In order to detect such refrigerant leakage, pressure gauges 401 and 403 are installed at the inlet and outlet portions of the external refrigerant path 205 through which the refrigerant is introduced. The first pressure gauge 401 installed at the inlet of the external refrigerant path 205 through which the refrigerant is introduced informs the pressure of the refrigerant flow when the refrigerant is introduced. The second pressure gauge 403 installed at the outlet of the external coolant path 205 through which the coolant is drawn informs the pressure of the coolant flow when the coolant is withdrawn.

By comparing the two pressures thus obtained, it is possible to know whether the refrigerant leaks in the external refrigerant path 205. That is, when a refrigerant leak occurs in the external refrigerant path 205, the pressure of the refrigerant flow measured by the second pressure gauge 403 at the outlet is significantly different from the pressure measured by the first pressure gauge 401 at the inlet. Because of this, the leakage of refrigerant may be detected by checking whether a pressure difference between the two pressure gauges 401 and 403 occurs. In addition, the refrigerant leakage in the internal refrigerant path 101 inside the chuck 100 may also be easily detected since the pressure difference is displayed as described above.

As mentioned above, although this invention was demonstrated in detail through the specific Example, this invention is not limited to this, It is clear that the deformation | transformation and improvement are possible by the person of ordinary skill in the art within the technical idea of this invention.

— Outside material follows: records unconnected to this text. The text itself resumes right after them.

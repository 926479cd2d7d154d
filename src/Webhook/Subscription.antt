-- ===== src/Webhook/Subscription.antt =====
-- internal/services/webhook/dodo.go: which of two plans and two subscriptions counts, and the key
-- under which a period's credits are granted.
pub mod Replay
use orbit_api.Common.{
  Bool, true, false, Option, none, some, List, [], ◌∷◌, ◌++◌, ◌&&◌, ◌||◌, not, if◌then◌else◌,
}
use orbit_api.Common.Int.{ℤ, pos, ltb_ℤ, leb_ℤ, eqb_ℤ}
use orbit_api.Common.Str.{Str, codes, str_eq, is_empty}

-- An unknown plan's order is not looked at.
unfoldable pub pick_higher_plan : Str → Str → Bool → ℤ → Bool → ℤ → Str
pick_higher_plan incoming_plan previous_plan incoming_known incoming_order previous_known
      previous_order =
    if incoming_known && (not previous_known || ltb_ℤ previous_order incoming_order)
    then incoming_plan
    else previous_plan

-- "keep", "stale", "adopt" and "defer".
pub data PersistAction : Type 0 where
  keep ignore_stale adopt defer : PersistAction

unfoldable pub subscription_persist_action : Str → Str → Bool → ℤ → ℤ → Bool → ℤ → PersistAction
subscription_persist_action stored incoming incoming_known incoming_order previous_order
      stored_known stored_order =
    let is_upgrade = ltb_ℤ previous_order incoming_order in
    let is_first = is_empty stored && eqb_ℤ previous_order (pos 0) in
    if is_empty incoming
    then keep
    else if str_eq stored incoming
    then if incoming_known && ltb_ℤ incoming_order previous_order then ignore_stale else keep
    else if not incoming_known
    then if is_first then adopt else defer
    else if stored_known && ltb_ℤ stored_order incoming_order
    then adopt
    else if is_upgrade || (is_first || (is_empty stored && leb_ℤ previous_order incoming_order))
    then adopt
    else ignore_stale

unfoldable pub subscription_grant_key : Str → Str → Str → Str → Str → Str → Bool → Str
subscription_grant_key subscription_id incoming_plan current_plan event_type period org_id
      legacy_granted =
    if is_empty subscription_id
    then codes "dodo_event:" ++ event_type ++ codes ":" ++ period ++ codes ":" ++ org_id
    else let legacy = codes "dodo_period:" ++ subscription_id ++ codes ":" ++ period in
      if is_empty incoming_plan || (str_eq incoming_plan current_plan && legacy_granted)
      then legacy
      else codes "dodo_period:"
        ++ subscription_id
        ++ codes ":"
        ++ incoming_plan
        ++ codes ":"
        ++ period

According to the present invention described above, it is possible to easily detect the occurrence of refrigerant leakage in the refrigerant path, it is possible to effectively perform the inspection, maintenance and repair of the cooling system.

Claims (3)

A refrigerant path through which the refrigerant circulates to cool the object; A refrigerant supply unit providing the refrigerant to the refrigerant path; A first pressure gauge installed at an inlet of the coolant path through which the coolant is introduced from the coolant supply unit to sense a pressure of the drawn coolant; And And a second pressure gauge installed at an outlet of the coolant path that is circulated to the coolant supply unit to detect the pressure of the drawn coolant for comparison with a pressure sensed by the first pressure gauge. Characterized by a cooling system. The cooling system according to claim 1, wherein portions of the inlet and the outlet of the refrigerant path from the inlet to the object are covered by a shielding portion and protected from an external temperature. An internal refrigerant path installed inside the chuck to cool the chuck on which the wafer is mounted; An external refrigerant path extending outward from the internal refrigerant path; A refrigerant supply unit connected to the external refrigerant path to supply a refrigerant to the internal refrigerant path via the external refrigerant path; A first pressure gauge installed at an inlet of the external refrigerant path through which the refrigerant is introduced from the refrigerant supply unit and sensing a pressure of the introduced refrigerant; A second pressure that is installed at an outlet of the external refrigerant path which is circulated through the refrigerant path to the refrigerant supply unit and senses a pressure of the extracted refrigerant for comparison with a pressure sensed by the first pressure gauge gauge; And And a shielding portion surrounding the external refrigerant path to protect the refrigerant from an external temperature.